(GIVEN INFORMATION begins)

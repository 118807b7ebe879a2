-- ===== src/Transfers/Downloading.antt =====
-- personal_mcp/file_transfer.py: the downloads refine Spec.
use unified_personal_mcp.Prelude.{
  stop, ℕ, suc, ◌+◌, ◌≤◌, ◌≡◌, refl, sym, ap, ◌∙◌, String, not, ◌||◌, none, some, List, ◌==◌, arith,
  inl, inr, eqb, ltb, eqb→eq, length, if◌then◌else◌, if-cases, Bool-cases, Option-cases,
}
use unified_personal_mcp.Transfers.State.{
  io_error, source_changed, Result, ok, err, and_then, Limits, Manager, Source, fitting, Args,
  Reply,
}
use unified_personal_mcp.Transfers.Cache.{World, allocate, remove_staged}
use unified_personal_mcp.Transfers.Steps.{HasRoom, capacity-cases, allocate-cases}
use unified_personal_mcp.Transfers.Blocks.{snapshot-all}
use unified_personal_mcp.Transfers.Spec.{Aim, beginning, began, one_step, Steps-trans}
use unified_personal_mcp.Transfers.Download.{
  checked_copy, stable_copy, snapshot, new_download, keep_snapshot, take_snapshot, download_source,
}
use unified_personal_mcp.Transfers.Download
use unified_personal_mcp.Transfers.Refines.{
  Goes, Replies, Same-Steps, HasRoom-Same, Goes-and_then, Goes-remove_staged,
}

checked_copy-ok :
    (source : Source) (copied bytes : List ℕ)
    → checked_copy source copied ≡ ok bytes
    → (copied ≡ bytes) × (length copied ≡ source.size)
unfolding checked_copy
checked_copy-ok source copied bytes =
    let P : Result (List ℕ) → Type 0 =
      λ r. r ≡ ok bytes → (copied ≡ bytes) × (length copied ≡ source.size) in
    if-cases P (not (eqb (length copied) source.size) || not source.times_kept) (λ _ e. cc)
      (λ sized. elim (Option-cases source.refused_again) [
        | inr (code, f) ↦ rw f (λ e. cc)
        | inl f ↦ rw f (
            if-cases P
              (not (source.path_again == source.path)
                || not (eqb source.identity_again source.identity))
              (λ _ e. cc) (λ _ e. (cc, eqb→eq _ _ (ground arith))))
      ])

-- What is kept of a source is all of it, and as long as it was said to be.
pub stable_copy-ok :
    (l : Limits) (source : Source) (bytes : List ℕ)
    → 1 ≤ l.chunk_bytes
    → stable_copy l source ≡ ok bytes
    → (source.content ≡ bytes) × (length bytes ≡ source.size)
unfolding stable_copy
stable_copy-ok l source bytes blocks e =
    let all =
      snapshot-all (suc (length source.content)) l.chunk_bytes source.size 0 source.content blocks
        (omega arith) (omega arith) in
    elim (Bool-cases (ltb source.size (0 + length source.content))) [
      | inl grown ↦
          let nothing : snapshot (suc (length source.content)) l.chunk_bytes source.size 0
                source.content
              ≡ none =
            rw grown at all in
          let absurd : err source_changed ≡ ok bytes = rw (nothing, stable_copy) at e in cc
      | inr fits ↦
          let copied : snapshot (suc (length source.content)) l.chunk_bytes source.size 0
                source.content
              ≡ some source.content =
            rw fits at all in
          let checked : checked_copy source source.content ≡ ok bytes =
            rw (copied, stable_copy) at e in
          let (whole, sized) = checked_copy-ok source source.content bytes checked in
          (whole, ap length (sym whole) ∙ sized)
    ]

module _ (w : World) (l : Limits) (aim : Aim) where
  Goes-keep_snapshot :
      (owner : String) (runtime : ℕ) (source : Source) (key staged : String)
      (copied : Result (List ℕ)) (m : Manager)
      → ((bytes : List ℕ) → copied ≡ ok bytes → length bytes ≡ source.size)
      → aim ≡ beginning owner runtime
      → HasRoom w l owner source.size m
      → Goes w l aim m (keep_snapshot w l owner runtime source key staged copied m)
  unfolding keep_snapshot
  Goes-keep_snapshot owner runtime source key staged (err code) m sized begins room =
      Goes-and_then w l aim m (remove_staged w staged m) (λ _ after. (err code, after))
        (Goes-remove_staged w l aim staged m) (λ _ n _. stop n n refl)
  Goes-keep_snapshot owner runtime source key staged (ok bytes) m sized begins room =
      let t = new_download w owner runtime source key staged bytes in
      let fits : HasRoom w l owner (length bytes) m = rw (sized bytes refl) room in
      one_step w l aim m _ (began t begins fits refl refl refl refl)

  Goes-take_snapshot :
      (owner : String) (runtime : ℕ) (source : Source) (key staged : String) (m : Manager)
      → 1 ≤ l.chunk_bytes
      → aim ≡ beginning owner runtime
      → HasRoom w l owner source.size m
      → Goes w l aim m (take_snapshot w l owner runtime source key staged m)
  unfolding take_snapshot
  Goes-take_snapshot owner runtime source key staged m blocks begins room =
      Goes-keep_snapshot owner runtime source key staged
        (if w.opens staged then stable_copy l source else err io_error) m
        (λ bytes.
          if-cases (λ (r : Result (List ℕ)). r ≡ ok bytes → length bytes ≡ source.size)
            (w.opens staged) (λ _ e. (stable_copy-ok l source bytes blocks e).1) (λ _ e. cc))
        begins room

  Goes-download_source :
      (owner : String) (runtime : ℕ) (source : Source) (m : Manager)
      → 1 ≤ l.chunk_bytes
      → aim ≡ beginning owner runtime
      → Goes w l aim m (download_source w l owner runtime source m)
  unfolding download_source
  Goes-download_source owner runtime source m blocks begins =
      let with_file : String × String → Manager → Result Reply × Manager =
        λ (key, staged) after. take_snapshot w l owner runtime source key staged after in
      if-cases (Replies w l aim m) (not source.regular) (λ _. stop m m refl)
        (λ _.
          capacity-cases w l owner source.size m
            (λ r.
              Replies w l aim m
                (and_then r (λ _ seen. and_then (allocate w l source.size seen) with_file)))
            (λ code n s _. Same-Steps w l aim m n s)
            (λ n s _ room.
              allocate-cases w l source.size n (λ r. Replies w l aim m (and_then r with_file))
                (λ code k t.
                  Steps-trans w l aim m n k (Same-Steps w l aim m n s) (Same-Steps w l aim n k t))
                (λ key staged k (t, _, _, _).
                  Steps-trans w l aim m k _
                    (Steps-trans w l aim m n k (Same-Steps w l aim m n s)
                      (Same-Steps w l aim n k t))
                    (Goes-take_snapshot owner runtime source key staged k blocks begins (
                      HasRoom-Same w l aim owner source.size n k t
                        (HasRoom-Same w l aim owner source.size m n s room))))))

  pub Goes-download_begin :
      (owner : String) (runtime : ℕ) (args : Args) (m : Manager)
      → 1 ≤ l.chunk_bytes
      → aim ≡ beginning owner runtime
      → Goes w l aim m (Download.download_begin w l owner runtime args m)
  unfolding Download.download_begin
  Goes-download_begin owner runtime args m blocks begins = elim (Option-cases (fitting args.path)) [
    | inl e ↦ rw (e, Download.download_begin) (stop m m refl)
    | inr (raw, e) ↦
        rw (e, Download.download_begin)
          (if-cases (Replies w l aim m) (raw == "") (λ _. stop m m refl)
            (λ _. elim (Option-cases (w.source raw).refused) [
              | inr (code, f) ↦ rw f (stop m m refl)
              | inl f ↦ rw f (Goes-download_source owner runtime (w.source raw) m blocks begins)
            ]))
  ]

(GIVEN INFORMATION ends)

AIM OF THE TASK: An exact reproduction of all the entries, complete to the last line, is needed.

RESPONSE AREA:
repository 118807b7ebe879a2
-- ===== src/Transfers/Downloading.antt =====
-- personal_mcp/file_transfer.py: the downloads refine Spec.
use unified_personal_mcp.Prelude.{
  stop, ℕ, suc, ◌+◌, ◌≤◌, ◌≡◌, refl, sym, ap, ◌∙◌, String, not, ◌||◌, none, some, List, ◌==◌, arith,
  inl, inr, eqb, ltb, eqb→eq, length, if◌then◌else◌, if-cases, Bool-cases, Option-cases,
}
use unified_personal_mcp.Transfers.State.{
  io_error, source_changed, Result, ok, err, and_then, Limits, Manager, Source, fitting, Args,
  Reply,
}
use unified_personal_mcp.Transfers.Cache.{World, allocate, remove_staged}
use unified_personal_mcp.Transfers.Steps.{HasRoom, capacity-cases, allocate-cases}
use unified_personal_mcp.Transfers.Blocks.{snapshot-all}
use unified_personal_mcp.Transfers.Spec.{Aim, beginning, began, one_step, Steps-trans}
use unified_personal_mcp.Transfers.Download.{
  checked_copy, stable_copy, snapshot, new_download, keep_snapshot, take_snapshot, download_source,
}
use unified_personal_mcp.Transfers.Download
use unified_personal_mcp.Transfers.Refines.{
  Goes, Replies, Same-Steps, HasRoom-Same, Goes-and_then, Goes-remove_staged,
}

checked_copy-ok :
    (source : Source) (copied bytes : List ℕ)
    → checked_copy source copied ≡ ok bytes
    → (copied ≡ bytes) × (length copied ≡ source.size)
unfolding checked_copy
checked_copy-ok source copied bytes =
    let P : Result (List ℕ) → Type 0 =
      λ r. r ≡ ok bytes → (copied ≡ bytes) × (length copied ≡ source.size) in
    if-cases P (not (eqb (length copied) source.size) || not source.times_kept) (λ _ e. cc)
      (λ sized. elim (Option-cases source.refused_again) [
        | inr (code, f) ↦ rw f (λ e. cc)
        | inl f ↦ rw f (
            if-cases P
              (not (source.path_again == source.path)
                || not (eqb source.identity_again source.identity))
              (λ _ e. cc) (λ _ e. (cc, eqb→eq _ _ (ground arith))))
      ])

-- What is kept of a source is all of it, and as long as it was said to be.
pub stable_copy-ok :
    (l : Limits) (source : Source) (bytes : List ℕ)
    → 1 ≤ l.chunk_bytes
    → stable_copy l source ≡ ok bytes
    → (source.content ≡ bytes) × (length bytes ≡ source.size)
unfolding stable_copy
stable_copy-ok l source bytes blocks e =
    let all =
      snapshot-all (suc (length source.content)) l.chunk_bytes source.size 0 source.content blocks
        (omega arith) (omega arith) in
    elim (Bool-cases (ltb source.size (0 + length source.content))) [
      | inl grown ↦
          let nothing : snapshot (suc (length source.content)) l.chunk_bytes source.size 0
                source.content
              ≡ none =
            rw grown at all in
          let absurd : err source_changed ≡ ok bytes = rw (nothing, stable_copy) at e in cc
      | inr fits ↦
          let copied : snapshot (suc (length source.content)) l.chunk_bytes source.size 0
                source.content
              ≡ some source.content =
            rw fits at all in
          let checked : checked_copy source source.content ≡ ok bytes =
            rw (copied, stable_copy) at e in
          let (whole, sized) = checked_copy-ok source source.content bytes checked in
          (whole, ap length (sym whole) ∙ sized)
    ]

module _ (w : World) (l : Limits) (aim : Aim) where
  Goes-keep_snapshot :
      (owner : String) (runtime : ℕ) (source : Source) (key staged : String)
      (copied : Result (List ℕ)) (m : Manager)
      → ((bytes : List ℕ) → copied ≡ ok bytes → length bytes ≡ source.size)
      → aim ≡ beginning owner runtime
      → HasRoom w l owner source.size m
      → Goes w l aim m (keep_snapshot w l owner runtime source key staged copied m)
  unfolding keep_snapshot
  Goes-keep_snapshot owner runtime source key staged (err code) m sized begins room =
      Goes-and_then w l aim m (remove_staged w staged m) (λ _ after. (err code, after))
        (Goes-remove_staged w l aim staged m) (λ _ n _. stop n n refl)
  Goes-keep_snapshot owner runtime source key staged (ok bytes) m sized begins room =
      let t = new_download w owner runtime source key staged bytes in
      let fits : HasRoom w l owner (length bytes) m = rw (sized bytes refl) room in
      one_step w l aim m _ (began t begins fits refl refl refl refl)

  Goes-take_snapshot :
      (owner : String) (runtime : ℕ) (source : Source) (key staged : String) (m : Manager)
      → 1 ≤ l.chunk_bytes
      → aim ≡ beginning owner runtime
      → HasRoom w l owner source.size m
      → Goes w l aim m (take_snapshot w l owner runtime source key staged m)
  unfolding take_snapshot
  Goes-take_snapshot owner runtime source key staged m blocks begins room =
      Goes-keep_snapshot owner runtime source key staged
        (if w.opens staged then stable_copy l source else err io_error) m
        (λ bytes.
          if-cases (λ (r : Result (List ℕ)). r ≡ ok bytes → length bytes ≡ source.size)
            (w.opens staged) (λ _ e. (stable_copy-ok l source bytes blocks e).1) (λ _ e. cc))
        begins room

  Goes-download_source :
      (owner : String) (runtime : ℕ) (source : Source) (m : Manager)
      → 1 ≤ l.chunk_bytes
      → aim ≡ beginning owner runtime
      → Goes w l aim m (download_source w l owner runtime source m)
  unfolding download_source
  Goes-download_source owner runtime source m blocks begins =
      let with_file : String × String → Manager → Result Reply × Manager =
        λ (key, staged) after. take_snapshot w l owner runtime source key staged after in
      if-cases (Replies w l aim m) (not source.regular) (λ _. stop m m refl)
        (λ _.
          capacity-cases w l owner source.size m
            (λ r.
              Replies w l aim m
                (and_then r (λ _ seen. and_then (allocate w l source.size seen) with_file)))
            (λ code n s _. Same-Steps w l aim m n s)
            (λ n s _ room.
              allocate-cases w l source.size n (λ r. Replies w l aim m (and_then r with_file))
                (λ code k t.
                  Steps-trans w l aim m n k (Same-Steps w l aim m n s) (Same-Steps w l aim n k t))
                (λ key staged k (t, _, _, _).
                  Steps-trans w l aim m k _
                    (Steps-trans w l aim m n k (Same-Steps w l aim m n s)
                      (Same-Steps w l aim n k t))
                    (Goes-take_snapshot owner runtime source key staged k blocks begins (
                      HasRoom-Same w l aim owner source.size n k t
                        (HasRoom-Same w l aim owner source.size m n s room))))))

  pub Goes-download_begin :
      (owner : String) (runtime : ℕ) (args : Args) (m : Manager)
      → 1 ≤ l.chunk_bytes
      → aim ≡ beginning owner runtime
      → Goes w l aim m (Download.download_begin w l owner runtime args m)
  unfolding Download.download_begin
  Goes-download_begin owner runtime args m blocks begins = elim (Option-cases (fitting args.path)) [
    | inl e ↦ rw (e, Download.download_begin) (stop m m refl)
    | inr (raw, e) ↦
        rw (e, Download.download_begin)
          (if-cases (Replies w l aim m) (raw == "") (λ _. stop m m refl)
            (λ _. elim (Option-cases (w.source raw).refused) [
              | inr (code, f) ↦ rw f (stop m m refl)
              | inl f ↦ rw f (Goes-download_source owner runtime (w.source raw) m blocks begins)
            ]))
  ]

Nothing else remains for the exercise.